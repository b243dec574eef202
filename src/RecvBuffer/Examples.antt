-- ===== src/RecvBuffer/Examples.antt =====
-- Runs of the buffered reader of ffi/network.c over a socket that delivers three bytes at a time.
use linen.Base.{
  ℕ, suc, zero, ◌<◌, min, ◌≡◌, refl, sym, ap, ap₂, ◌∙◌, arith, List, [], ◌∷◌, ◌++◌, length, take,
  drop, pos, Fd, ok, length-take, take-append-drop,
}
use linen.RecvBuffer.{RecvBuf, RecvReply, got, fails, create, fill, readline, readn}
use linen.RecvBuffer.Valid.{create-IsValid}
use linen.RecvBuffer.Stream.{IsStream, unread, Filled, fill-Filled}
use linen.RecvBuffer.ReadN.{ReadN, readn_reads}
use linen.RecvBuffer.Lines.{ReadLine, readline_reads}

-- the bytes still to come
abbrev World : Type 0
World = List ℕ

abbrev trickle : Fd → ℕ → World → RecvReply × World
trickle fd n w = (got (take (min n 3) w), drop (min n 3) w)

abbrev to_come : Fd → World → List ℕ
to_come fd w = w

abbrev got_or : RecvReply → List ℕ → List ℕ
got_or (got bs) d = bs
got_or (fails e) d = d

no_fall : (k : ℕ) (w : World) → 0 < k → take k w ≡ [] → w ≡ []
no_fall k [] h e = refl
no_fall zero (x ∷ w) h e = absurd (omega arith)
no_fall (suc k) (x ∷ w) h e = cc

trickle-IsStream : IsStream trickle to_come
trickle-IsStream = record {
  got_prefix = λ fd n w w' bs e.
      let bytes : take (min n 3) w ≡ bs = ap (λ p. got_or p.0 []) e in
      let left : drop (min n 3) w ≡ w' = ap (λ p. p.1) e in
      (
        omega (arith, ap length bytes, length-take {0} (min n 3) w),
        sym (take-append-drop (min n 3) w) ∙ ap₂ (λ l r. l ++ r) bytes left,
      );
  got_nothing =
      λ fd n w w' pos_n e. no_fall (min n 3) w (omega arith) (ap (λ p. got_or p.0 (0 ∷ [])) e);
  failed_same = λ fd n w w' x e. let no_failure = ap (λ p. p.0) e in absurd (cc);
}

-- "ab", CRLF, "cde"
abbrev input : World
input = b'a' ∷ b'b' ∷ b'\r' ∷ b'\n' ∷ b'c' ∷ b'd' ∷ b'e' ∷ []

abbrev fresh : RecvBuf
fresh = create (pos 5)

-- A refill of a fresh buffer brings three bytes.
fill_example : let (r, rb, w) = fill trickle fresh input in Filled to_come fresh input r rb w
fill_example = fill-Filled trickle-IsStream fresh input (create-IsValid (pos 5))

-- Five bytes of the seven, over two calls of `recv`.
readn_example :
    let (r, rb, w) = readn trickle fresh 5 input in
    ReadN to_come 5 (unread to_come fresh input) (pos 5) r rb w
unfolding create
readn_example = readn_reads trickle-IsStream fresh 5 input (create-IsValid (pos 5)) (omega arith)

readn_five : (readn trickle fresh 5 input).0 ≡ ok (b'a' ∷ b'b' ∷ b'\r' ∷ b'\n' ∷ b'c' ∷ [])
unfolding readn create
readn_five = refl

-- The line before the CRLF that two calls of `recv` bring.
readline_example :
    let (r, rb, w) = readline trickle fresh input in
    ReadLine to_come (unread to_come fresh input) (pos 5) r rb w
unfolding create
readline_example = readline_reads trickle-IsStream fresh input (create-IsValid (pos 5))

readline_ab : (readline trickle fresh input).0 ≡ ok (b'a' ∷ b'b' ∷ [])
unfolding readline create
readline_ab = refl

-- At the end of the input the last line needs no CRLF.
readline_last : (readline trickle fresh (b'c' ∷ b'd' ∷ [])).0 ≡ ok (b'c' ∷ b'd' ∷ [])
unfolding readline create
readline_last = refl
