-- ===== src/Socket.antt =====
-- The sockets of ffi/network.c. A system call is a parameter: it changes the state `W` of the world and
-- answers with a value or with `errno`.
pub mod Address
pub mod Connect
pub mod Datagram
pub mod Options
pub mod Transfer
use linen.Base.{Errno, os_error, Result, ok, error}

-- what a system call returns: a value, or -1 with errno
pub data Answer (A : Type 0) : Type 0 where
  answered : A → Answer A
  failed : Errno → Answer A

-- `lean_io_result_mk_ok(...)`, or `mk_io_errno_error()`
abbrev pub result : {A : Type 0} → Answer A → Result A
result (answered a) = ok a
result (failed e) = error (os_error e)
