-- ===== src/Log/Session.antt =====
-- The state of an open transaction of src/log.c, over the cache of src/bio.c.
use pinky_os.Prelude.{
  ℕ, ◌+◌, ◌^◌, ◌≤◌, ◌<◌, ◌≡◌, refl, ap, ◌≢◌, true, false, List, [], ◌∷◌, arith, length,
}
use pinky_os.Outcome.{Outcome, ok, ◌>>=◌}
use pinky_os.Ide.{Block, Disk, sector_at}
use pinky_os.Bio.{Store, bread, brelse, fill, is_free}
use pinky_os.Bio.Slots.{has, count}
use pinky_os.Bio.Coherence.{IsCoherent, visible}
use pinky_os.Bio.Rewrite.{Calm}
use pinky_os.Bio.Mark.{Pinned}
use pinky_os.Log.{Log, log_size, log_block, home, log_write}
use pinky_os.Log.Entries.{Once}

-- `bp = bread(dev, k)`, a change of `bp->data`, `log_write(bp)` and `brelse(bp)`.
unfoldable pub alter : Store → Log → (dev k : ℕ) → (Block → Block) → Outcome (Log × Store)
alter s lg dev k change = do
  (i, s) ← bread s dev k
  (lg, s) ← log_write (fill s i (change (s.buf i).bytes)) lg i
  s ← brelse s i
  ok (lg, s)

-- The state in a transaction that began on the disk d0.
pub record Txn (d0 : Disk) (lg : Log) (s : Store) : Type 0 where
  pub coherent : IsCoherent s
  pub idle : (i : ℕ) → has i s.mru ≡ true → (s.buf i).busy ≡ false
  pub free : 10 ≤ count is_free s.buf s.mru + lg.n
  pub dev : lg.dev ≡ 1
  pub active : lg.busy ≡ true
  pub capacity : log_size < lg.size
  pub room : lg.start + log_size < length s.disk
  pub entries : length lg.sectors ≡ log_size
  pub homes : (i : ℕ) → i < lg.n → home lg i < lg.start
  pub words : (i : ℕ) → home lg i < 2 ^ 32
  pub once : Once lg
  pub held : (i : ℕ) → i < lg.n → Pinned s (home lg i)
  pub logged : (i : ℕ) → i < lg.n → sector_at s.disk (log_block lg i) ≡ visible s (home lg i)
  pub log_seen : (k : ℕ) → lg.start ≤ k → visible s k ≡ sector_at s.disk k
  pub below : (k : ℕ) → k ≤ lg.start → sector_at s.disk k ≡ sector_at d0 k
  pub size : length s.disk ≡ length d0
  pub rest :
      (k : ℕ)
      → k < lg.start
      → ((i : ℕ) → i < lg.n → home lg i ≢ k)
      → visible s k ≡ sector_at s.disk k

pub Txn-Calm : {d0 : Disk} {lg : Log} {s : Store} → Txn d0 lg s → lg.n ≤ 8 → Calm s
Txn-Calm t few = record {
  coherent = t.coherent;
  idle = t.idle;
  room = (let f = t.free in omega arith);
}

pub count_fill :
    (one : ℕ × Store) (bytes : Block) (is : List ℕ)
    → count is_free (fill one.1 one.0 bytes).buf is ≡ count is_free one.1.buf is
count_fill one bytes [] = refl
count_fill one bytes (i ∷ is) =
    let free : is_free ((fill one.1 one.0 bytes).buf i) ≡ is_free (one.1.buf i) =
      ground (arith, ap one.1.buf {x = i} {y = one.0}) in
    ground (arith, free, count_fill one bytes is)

---

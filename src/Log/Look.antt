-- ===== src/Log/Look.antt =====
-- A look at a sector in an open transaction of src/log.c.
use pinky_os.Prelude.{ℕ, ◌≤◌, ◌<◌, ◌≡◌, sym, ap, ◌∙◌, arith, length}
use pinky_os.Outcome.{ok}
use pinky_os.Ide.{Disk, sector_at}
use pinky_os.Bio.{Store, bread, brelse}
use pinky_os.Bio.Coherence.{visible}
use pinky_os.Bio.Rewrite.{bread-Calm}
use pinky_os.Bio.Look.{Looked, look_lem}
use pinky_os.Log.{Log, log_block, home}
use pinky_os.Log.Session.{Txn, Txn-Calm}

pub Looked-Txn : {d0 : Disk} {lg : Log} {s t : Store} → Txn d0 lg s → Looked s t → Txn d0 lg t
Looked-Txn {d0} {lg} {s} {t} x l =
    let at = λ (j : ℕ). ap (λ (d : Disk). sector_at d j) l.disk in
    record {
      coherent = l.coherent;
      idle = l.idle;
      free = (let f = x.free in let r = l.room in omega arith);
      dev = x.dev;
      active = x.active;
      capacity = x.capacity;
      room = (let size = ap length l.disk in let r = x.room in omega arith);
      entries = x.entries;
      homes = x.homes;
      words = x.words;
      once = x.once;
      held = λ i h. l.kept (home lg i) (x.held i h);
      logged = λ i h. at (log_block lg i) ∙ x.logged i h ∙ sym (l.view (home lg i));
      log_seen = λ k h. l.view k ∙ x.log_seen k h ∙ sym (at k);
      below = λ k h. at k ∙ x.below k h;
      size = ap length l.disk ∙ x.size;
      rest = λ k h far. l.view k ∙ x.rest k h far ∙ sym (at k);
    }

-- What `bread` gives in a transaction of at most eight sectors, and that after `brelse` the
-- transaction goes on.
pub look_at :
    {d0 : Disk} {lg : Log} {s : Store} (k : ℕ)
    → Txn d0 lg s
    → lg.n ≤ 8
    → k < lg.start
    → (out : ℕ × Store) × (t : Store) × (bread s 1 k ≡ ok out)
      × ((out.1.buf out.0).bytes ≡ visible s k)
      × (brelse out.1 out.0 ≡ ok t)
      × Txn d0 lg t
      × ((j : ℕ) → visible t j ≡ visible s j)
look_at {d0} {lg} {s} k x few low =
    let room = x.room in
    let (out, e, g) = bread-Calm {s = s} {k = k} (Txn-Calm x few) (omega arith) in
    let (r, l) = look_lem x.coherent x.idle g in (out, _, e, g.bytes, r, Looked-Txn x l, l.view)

...

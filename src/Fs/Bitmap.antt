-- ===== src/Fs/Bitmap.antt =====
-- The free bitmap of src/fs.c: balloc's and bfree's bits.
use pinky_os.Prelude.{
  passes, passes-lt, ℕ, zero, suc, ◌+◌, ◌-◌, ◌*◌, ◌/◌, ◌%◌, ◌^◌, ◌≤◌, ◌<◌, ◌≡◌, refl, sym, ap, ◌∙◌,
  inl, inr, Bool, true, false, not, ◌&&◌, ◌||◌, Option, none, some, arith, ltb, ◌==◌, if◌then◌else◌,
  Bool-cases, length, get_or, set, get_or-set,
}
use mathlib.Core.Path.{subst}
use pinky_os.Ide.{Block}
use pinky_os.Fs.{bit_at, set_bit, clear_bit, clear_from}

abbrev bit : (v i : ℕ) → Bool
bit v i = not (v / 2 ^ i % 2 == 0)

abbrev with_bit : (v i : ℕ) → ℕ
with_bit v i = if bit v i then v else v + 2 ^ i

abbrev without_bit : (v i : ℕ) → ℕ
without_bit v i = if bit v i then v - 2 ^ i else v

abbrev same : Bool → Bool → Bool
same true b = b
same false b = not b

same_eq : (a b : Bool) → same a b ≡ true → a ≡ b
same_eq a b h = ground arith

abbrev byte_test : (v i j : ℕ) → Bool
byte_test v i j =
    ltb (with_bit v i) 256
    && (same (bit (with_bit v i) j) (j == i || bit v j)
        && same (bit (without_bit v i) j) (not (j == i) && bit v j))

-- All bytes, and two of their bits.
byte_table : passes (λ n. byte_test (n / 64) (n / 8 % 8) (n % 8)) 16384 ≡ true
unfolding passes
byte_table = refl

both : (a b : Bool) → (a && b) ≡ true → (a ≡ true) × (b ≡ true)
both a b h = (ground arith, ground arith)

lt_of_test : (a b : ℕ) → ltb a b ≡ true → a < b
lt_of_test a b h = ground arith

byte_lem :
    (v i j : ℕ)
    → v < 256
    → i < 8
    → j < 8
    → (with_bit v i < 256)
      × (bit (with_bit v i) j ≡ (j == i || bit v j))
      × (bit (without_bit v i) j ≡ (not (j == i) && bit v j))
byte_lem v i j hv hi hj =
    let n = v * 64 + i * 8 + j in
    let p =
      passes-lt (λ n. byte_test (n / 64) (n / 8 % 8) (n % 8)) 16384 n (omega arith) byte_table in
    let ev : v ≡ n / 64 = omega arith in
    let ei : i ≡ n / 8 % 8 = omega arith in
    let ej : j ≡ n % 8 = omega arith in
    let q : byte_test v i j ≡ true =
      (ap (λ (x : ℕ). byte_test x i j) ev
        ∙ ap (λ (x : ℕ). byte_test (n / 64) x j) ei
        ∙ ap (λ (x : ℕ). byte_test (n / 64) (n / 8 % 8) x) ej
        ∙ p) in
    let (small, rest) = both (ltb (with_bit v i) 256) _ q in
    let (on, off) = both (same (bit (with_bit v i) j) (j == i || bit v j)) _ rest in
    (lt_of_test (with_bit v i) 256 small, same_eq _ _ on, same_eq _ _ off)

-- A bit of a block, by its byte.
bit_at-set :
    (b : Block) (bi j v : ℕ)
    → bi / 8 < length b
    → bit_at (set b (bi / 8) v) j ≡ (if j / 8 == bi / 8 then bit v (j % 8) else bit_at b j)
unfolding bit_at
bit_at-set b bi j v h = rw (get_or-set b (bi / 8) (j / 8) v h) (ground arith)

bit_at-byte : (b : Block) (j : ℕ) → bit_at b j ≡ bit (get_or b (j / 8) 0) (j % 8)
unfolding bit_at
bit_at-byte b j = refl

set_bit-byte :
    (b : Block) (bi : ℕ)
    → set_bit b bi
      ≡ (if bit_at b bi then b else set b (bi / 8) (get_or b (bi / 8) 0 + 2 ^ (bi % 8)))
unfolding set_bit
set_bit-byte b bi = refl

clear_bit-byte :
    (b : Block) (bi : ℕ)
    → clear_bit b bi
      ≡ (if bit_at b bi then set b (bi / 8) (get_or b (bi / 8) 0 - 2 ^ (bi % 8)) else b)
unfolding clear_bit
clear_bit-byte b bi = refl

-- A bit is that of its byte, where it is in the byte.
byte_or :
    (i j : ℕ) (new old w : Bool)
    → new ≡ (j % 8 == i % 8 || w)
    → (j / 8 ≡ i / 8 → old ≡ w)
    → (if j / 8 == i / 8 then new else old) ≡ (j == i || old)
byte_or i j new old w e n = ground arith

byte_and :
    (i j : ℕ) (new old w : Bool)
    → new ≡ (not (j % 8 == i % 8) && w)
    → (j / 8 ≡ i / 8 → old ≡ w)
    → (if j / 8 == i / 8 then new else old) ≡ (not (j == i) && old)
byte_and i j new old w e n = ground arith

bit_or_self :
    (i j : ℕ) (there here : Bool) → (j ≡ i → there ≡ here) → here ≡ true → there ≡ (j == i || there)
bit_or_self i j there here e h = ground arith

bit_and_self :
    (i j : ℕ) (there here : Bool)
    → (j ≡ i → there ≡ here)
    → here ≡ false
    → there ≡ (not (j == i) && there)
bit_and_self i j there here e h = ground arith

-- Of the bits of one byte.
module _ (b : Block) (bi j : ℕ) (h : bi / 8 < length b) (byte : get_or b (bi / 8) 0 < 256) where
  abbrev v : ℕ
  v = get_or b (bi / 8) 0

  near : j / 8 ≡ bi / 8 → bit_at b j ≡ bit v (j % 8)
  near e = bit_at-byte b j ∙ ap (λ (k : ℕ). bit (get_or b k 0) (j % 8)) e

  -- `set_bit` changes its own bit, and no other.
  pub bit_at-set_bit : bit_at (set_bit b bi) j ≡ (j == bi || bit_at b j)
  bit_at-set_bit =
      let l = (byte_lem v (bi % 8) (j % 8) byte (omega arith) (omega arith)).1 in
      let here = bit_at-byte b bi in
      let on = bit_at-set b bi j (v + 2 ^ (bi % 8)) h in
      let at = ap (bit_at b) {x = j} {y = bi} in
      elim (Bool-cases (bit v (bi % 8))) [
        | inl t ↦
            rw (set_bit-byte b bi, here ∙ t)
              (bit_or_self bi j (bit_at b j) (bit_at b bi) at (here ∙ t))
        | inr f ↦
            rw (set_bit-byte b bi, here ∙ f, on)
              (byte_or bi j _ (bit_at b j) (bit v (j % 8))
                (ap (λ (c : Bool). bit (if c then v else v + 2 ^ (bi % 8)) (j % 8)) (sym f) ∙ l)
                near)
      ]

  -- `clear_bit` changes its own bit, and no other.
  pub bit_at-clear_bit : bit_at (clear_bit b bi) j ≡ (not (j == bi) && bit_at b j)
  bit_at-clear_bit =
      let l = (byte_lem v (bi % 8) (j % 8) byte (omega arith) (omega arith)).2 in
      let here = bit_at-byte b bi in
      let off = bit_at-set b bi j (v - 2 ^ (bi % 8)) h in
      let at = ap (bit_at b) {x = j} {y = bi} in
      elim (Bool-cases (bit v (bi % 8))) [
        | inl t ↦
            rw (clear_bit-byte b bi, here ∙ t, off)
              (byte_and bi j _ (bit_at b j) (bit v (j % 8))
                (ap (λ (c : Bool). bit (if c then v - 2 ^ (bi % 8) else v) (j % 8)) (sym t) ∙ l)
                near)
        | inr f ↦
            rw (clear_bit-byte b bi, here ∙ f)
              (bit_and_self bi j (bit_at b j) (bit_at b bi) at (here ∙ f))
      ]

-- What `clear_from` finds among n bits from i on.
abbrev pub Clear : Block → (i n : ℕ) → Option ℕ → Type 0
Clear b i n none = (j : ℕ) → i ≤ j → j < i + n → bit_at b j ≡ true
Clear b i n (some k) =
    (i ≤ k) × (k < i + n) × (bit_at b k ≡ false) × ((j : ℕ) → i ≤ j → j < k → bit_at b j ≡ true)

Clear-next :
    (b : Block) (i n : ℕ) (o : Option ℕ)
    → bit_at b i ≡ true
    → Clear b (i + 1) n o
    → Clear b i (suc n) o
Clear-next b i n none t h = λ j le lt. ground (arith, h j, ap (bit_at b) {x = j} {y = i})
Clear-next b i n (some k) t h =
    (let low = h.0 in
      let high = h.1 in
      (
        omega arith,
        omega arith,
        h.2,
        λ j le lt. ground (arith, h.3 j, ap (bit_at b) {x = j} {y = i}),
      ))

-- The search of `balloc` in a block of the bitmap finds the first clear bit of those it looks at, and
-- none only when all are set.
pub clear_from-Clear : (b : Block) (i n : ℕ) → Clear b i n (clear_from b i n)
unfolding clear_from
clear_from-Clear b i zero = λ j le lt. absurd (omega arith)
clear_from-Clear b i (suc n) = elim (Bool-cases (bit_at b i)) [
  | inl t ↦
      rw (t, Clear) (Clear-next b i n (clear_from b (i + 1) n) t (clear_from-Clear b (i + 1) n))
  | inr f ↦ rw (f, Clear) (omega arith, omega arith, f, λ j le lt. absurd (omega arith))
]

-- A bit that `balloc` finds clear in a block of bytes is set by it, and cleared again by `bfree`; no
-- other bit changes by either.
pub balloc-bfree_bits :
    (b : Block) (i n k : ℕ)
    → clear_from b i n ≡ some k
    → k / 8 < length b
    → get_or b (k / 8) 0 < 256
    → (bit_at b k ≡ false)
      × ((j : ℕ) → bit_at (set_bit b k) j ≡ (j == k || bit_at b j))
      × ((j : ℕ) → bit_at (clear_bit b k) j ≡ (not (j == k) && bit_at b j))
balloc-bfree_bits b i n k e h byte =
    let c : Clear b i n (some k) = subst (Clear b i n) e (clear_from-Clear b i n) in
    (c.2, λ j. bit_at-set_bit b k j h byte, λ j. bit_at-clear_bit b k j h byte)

- **WHAT THE TASK REQUIRES**: Once you have identified the lines above that contain "bread", copy each of them.

- **WRITTEN ANSWER**:
use pinky_os.Bio.{Store, bread, brelse, fill, is_free}
-- `bp = bread(dev, k)`, a change of `bp->data`, `log_write(bp)` and `brelse(bp)`.
  (i, s) ← bread s dev k
use pinky_os.Bio.{Store, bread, brelse}
use pinky_os.Bio.Rewrite.{bread-Calm}
-- What `bread` gives in a transaction of at most eight sectors, and that after `brelse` the
    → (out : ℕ × Store) × (t : Store) × (bread s 1 k ≡ ok out)
    let (out, e, g) = bread-Calm {s = s} {k = k} (Txn-Calm x few) (omega arith) in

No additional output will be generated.